§ Your instructions:
Once you find the line containing "safe_filename_safe : (filename" in the data below, copy it and each following line exactly, up to and including the line containing "or_fallback_safe (take max_filename_length", and nothing else.

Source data
:::
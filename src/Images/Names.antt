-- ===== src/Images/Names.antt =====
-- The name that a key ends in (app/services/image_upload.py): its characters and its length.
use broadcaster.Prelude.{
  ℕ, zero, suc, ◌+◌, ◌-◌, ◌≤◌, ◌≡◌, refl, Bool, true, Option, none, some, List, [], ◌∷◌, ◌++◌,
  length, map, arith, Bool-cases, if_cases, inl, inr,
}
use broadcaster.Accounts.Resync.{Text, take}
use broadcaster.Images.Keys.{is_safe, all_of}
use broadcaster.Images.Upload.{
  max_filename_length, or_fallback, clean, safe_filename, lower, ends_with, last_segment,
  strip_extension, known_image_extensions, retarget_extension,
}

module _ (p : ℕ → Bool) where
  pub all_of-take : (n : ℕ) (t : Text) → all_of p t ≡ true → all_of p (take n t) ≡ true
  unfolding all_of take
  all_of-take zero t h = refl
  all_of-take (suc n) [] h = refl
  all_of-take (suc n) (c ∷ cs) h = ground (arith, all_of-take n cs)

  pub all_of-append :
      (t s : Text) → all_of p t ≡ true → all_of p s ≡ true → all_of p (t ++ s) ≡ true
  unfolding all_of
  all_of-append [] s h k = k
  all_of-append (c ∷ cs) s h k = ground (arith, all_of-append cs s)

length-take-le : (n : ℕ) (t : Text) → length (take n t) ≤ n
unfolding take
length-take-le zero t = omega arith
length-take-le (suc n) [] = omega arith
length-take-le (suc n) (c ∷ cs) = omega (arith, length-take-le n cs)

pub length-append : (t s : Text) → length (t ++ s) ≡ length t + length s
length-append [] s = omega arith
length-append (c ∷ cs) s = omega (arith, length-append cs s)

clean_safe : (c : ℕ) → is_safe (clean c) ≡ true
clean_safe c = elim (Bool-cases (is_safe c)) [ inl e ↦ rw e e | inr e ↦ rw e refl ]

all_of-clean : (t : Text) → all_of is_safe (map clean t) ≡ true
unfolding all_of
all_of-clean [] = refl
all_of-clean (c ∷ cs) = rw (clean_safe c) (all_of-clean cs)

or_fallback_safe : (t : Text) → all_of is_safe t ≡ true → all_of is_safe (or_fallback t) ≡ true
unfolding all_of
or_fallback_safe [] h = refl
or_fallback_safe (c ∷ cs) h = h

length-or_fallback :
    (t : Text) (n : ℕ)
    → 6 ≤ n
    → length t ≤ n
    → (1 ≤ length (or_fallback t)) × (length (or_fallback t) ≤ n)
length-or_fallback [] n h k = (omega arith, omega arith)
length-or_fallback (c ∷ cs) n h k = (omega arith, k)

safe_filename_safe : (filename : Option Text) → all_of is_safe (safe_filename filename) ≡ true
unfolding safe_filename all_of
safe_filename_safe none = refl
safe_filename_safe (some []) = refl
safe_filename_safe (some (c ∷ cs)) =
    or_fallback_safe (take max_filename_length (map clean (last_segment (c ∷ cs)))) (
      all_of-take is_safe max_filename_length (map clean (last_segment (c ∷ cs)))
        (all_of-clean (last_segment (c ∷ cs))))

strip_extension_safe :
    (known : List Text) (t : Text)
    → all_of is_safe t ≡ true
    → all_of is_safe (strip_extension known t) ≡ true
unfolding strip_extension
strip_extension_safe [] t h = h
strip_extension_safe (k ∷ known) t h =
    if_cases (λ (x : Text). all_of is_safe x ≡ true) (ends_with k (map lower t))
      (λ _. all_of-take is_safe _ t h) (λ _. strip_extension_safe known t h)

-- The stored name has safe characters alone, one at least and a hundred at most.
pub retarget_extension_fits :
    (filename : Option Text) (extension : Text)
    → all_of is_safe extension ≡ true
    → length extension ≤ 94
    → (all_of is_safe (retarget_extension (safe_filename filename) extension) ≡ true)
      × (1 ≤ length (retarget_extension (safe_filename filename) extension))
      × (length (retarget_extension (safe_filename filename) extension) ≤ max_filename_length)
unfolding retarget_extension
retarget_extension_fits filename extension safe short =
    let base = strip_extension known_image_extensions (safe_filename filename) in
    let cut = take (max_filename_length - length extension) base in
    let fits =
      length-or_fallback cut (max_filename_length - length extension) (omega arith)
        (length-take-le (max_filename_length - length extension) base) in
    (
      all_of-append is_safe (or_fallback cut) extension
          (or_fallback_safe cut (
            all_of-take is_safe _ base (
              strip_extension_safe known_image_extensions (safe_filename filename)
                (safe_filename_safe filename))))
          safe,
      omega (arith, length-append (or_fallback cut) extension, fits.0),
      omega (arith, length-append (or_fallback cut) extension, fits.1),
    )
:::
§ Reply:
safe_filename_safe : (filename : Option Text) → all_of is_safe (safe_filename filename) ≡ true
unfolding safe_filename all_of
safe_filename_safe none = refl
safe_filename_safe (some []) = refl
safe_filename_safe (some (c ∷ cs)) =
    or_fallback_safe (take max_filename_length (map clean (last_segment (c ∷ cs)))) (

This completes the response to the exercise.